- [Work task]:
From the records below, output exactly the lines running from the line containing "Ends-weaken P Q _ h (in_error" through the line containing "Ends-with_result _ (in_value", and no others.

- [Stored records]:

════════════════════

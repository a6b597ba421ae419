-- ===== src/Application/Result.antt =====
-- The results of IOProxyConsoleApplication.cpp: a value, or the error that ends `start`, or an
-- exception; `none` where the run does not end within its fuel.
use ioproxy.Base.{◌≡◌, refl, Option, none, some, Expected, Error, ok, err}
use ioproxy.Factory.{Outcome, done, failed, thrown, check}

abbrev pub Run {ℓ} : Type ℓ → Type ℓ
Run A = Option (Outcome A)

module _ {ℓ κ} {A : Type ℓ} {B : Type κ} where
  infixl 5 ◌>>=◌
  abbrev pub ◌>>=◌ : Run A → (A → Run B) → Run B
  none >>= next = none
  some (done a) >>= next = next a
  some (failed x) >>= next = some (failed x)
  some (thrown x) >>= next = some (thrown x)

module _ {ℓ} {A : Type ℓ} where
  -- `if (!e) { Q_EMIT errorOccurred(e.error()); return; }`
  abbrev pub expected : Expected A → Run A
  expected e = some (check e)

  -- A part that reports no error.
  abbrev pub ends : Option A → Run A
  ends none = none
  ends (some a) = some (done a)

  -- The run ends, without an exception, in an error or in a value of which `P` holds.
  pub data Ends {κ} (P : A → Type κ) : Run A → Type (ℓ ⊔ κ) where
    in_value : (a : A) → P a → Ends P (some (done a))
    in_error : (x : Error) → Ends P (some (failed x))

  pub Ends-expected {κ} :
      (P : A → Type κ) (e : Expected A) → ((a : A) → e ≡ ok a → P a) → Ends P (expected e)
  Ends-expected P (ok a) h = in_value a (h a refl)
  Ends-expected P (err x) h = in_error x

  pub Ends-ends {κ} : (P : A → Type κ) (o : Option A) (a : A) → o ≡ some a → P a → Ends P (ends o)
  Ends-ends P o a e p = rw e (in_value a p)

module _ {ℓ ℓ' κ κ'} {A : Type ℓ} {B : Type ℓ'} {P : A → Type κ} where
  -- The rule of a sequence.
  pub Ends->>= :
      (Q : B → Type κ') (m : Run A) (next : A → Run B)
      → Ends P m
      → ((a : A) → P a → Ends Q (next a))
      → Ends Q (m >>= next)
  Ends->>= Q _ next (in_value a p) h = h a p
  Ends->>= Q _ next (in_error x) h = in_error x

module _ {ℓ κ κ'} {A : Type ℓ} where
  pub Ends-weaken :
      (P : A → Type κ) (Q : A → Type κ') (m : Run A) → ((a : A) → P a → Q a) → Ends P m → Ends Q m
  Ends-weaken P Q _ h (in_value a p) = in_value a (h a p)
  Ends-weaken P Q _ h (in_error x) = in_error x

module _ {ℓ κ} {A : Type ℓ} {P : A → Type κ} where
  -- A value that a run ends in is its result.
  pub Ends-with_result : (m : Run A) → Ends P m → Ends (λ a. P a × (m ≡ some (done a))) m
  Ends-with_result _ (in_value a p) = in_value a (p, refl)
  Ends-with_result _ (in_error x) = in_error x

════════════════════

- [Answer to this exercise]:
  Ends-weaken P Q _ h (in_error x) = in_error x

module _ {ℓ κ} {A : Type ℓ} {P : A → Type κ} where
  -- A value that a run ends in is its result.
  pub Ends-with_result : (m : Run A) → Ends P m → Ends (λ a. P a × (m ≡ some (done a))) m
  Ends-with_result _ (in_value a p) = in_value a (p, refl)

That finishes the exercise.